Preferred non-noble metals are such as tungsten, vanadium, molybdenum, nickel, cobalt,
chromium, and manganese, and the preferrred noble metals are platinum, palladium,
iridium and rhodium. Combinations of non-noble metals such as cobalt-molybdenum, cobalt
nickel, nickel-tungsten or cobalt-nickel-tungsten are exceptionally useful with many
feedstocks and, in a preferred combination, the hydrogenation component comprises
from 0.7 to about 7 wt.% nickel and 2.1 to about 21 wt.% tungsten, expressed as metal.
The hydrogenation component can be exchanged onto the zeolite, impregnated into it
or physically admixed with it. If the metal is to be impregnated into or exchanged
onto the zeolite, it may be done, for example, by treating the zeolite with a platinum
metal-containing ion. Suitable platinum compounds include chloroplatinic acid, platinous
chloride and various compounds containing the platinum ammine complex.
[0032] The catalyst may be treated by conventional pre-sulfiding treatments, for example
by heating in the presence of hydrogen sulfide, to convert oxide forms of the metals
such as Co0 or NiO to their corresponding sulfides.
[0033] The metal compounds may be either compounds in which the metal is present in the
cation of the compound and compounds in which it is present in the anion of the compound.

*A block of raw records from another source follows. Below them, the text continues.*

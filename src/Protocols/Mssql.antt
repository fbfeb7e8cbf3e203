-- ===== src/Protocols/Mssql.antt =====
-- protocols/mssql.rs: the probe and the parser of the answer with names and values between semicolons.
use uscan.Prelude.{ℕ, ◌-◌, List, [], ◌∷◌, Option, none, some}
use uscan.Prelude.{ltb, ◌==◌, ◌=t=◌, if◌then◌else◌, length, byte, drop, Bytes, Text, codes}
use uscan.Addr.{IpAddr}
use uscan.Utf8.{from_utf8_lossy}
use uscan.Strings.{split}
use uscan.Devices.{Device, is_empty}
use uscan.Net.{Sending, send_broadcast}
use uscan.Engine.{Listen, listen_global}
use uscan.Protocols.{or_text}

abbrev pub port : ℕ
port = 1434

abbrev pub probe : Bytes
probe = 2 ∷ []

abbrev pub listen : Listen
listen = listen_global port

abbrev pub scan : List Sending
scan = send_broadcast port probe ∷ []

pub record Names : Type 0 where
  pub server_name : Option Text
  pub instance_name : Option Text

abbrev pub no_names : Names
no_names = record { server_name = none; instance_name = none }

abbrev pub set_name : Text → Text → Names → Names
set_name name value n =
    if name =t= codes "ServerName"
    then record { server_name = some value; instance_name = n.instance_name }
    else if name =t= codes "InstanceName"
    then record { server_name = n.server_name; instance_name = some value }
    else n

-- The loop over the pairs, up to an empty name.
unfoldable pub read_pairs : List Text → Names → Names
read_pairs (name ∷ (value ∷ parts)) n =
    let rest = read_pairs parts (set_name name value n) in if is_empty name then n else rest
read_pairs _ n = n

unfoldable pub parse_body : IpAddr → Text → List Device
unfolding read_pairs split
parse_body from body =
    let n = read_pairs (split b';' body) no_names in
    record {
      protocol = codes "MSSQL";
      version = 1;
      ip = from;
      mac = [];
      device_type = or_text (n.instance_name) (codes "Unknown");
      serial = or_text (n.server_name) (codes "Unknown");
    }
    ∷ []

unfoldable pub parse : IpAddr → Bytes → List Device
unfolding parse_body
parse from d =
    if ltb (length d) 3
    then []
    else if byte d 0 == 5
    then if byte d 1 == length d - 3 then parse_body from (from_utf8_lossy (drop 3 d)) else []
    else []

Both types of compounds can be used. Platinum compounds in which the metal is in the
form of a cation or cationic complex, for example,
Pt(
NH3)
4C12, are particularly useful, as are anionic complexes such as the vanadate and metatungstate
ions. Cationic forms of other metals are also very useful since they may be exchanged
onto the zeolite or impregnated into it.
[0034] Prior to use the zeolite should be dehydrated at least partially. This can be done
by heating to a temperature in the range of 200°C to 600°C in air or an inert atmosphere
such as nitrogen for 1 to 48 hours. Dehydration can also be performed at lower temperatures
merely by using a vacuum, but a longer time is required to obtain a sufficient amount
of dehydration.
[0035] It may be desirable to incorporate the catalyst in another material resistant to
the temperature and other conditions employed in the process. Such matrix materials
include synthetic and naturally occurring substances such as inorganic materials,
for example clay, silica and metal oxides. The latter may be either naturally occurring
or in the form of gelatinous precipitates or gels including mixtures of silica and
metal oxides. Naturally occurring clays can be composited with the zeolite including
those of the montmorillonite and kaolin families. The clays can be used in the raw
state as originally mined or initially subjected to calcination, acid treatment or
chemical modification.
[0036] The zeolite may be composited with a porous matrix material, such as alumina, silica-alumina,
silica-magnesia, silica-zirconia, silica-thoria, silica-berylia, silica-titania, as
well as terniary compositions, such as silica-alumina-thoria, silica-alumina-zirconia,
magnesia and silica-magnesia-zirconia. The matrix may be in the form of a cogel. The
relative proportions of zeolite component and inorganic oxide gel matrix on an anhydrous
basis may vary widely with the zeolite content ranging from 10 to 99, more usually
25 to 80, percent by weight of the dry composite. The matrix itself may possess catalytic
properties, generally of an acidic nature.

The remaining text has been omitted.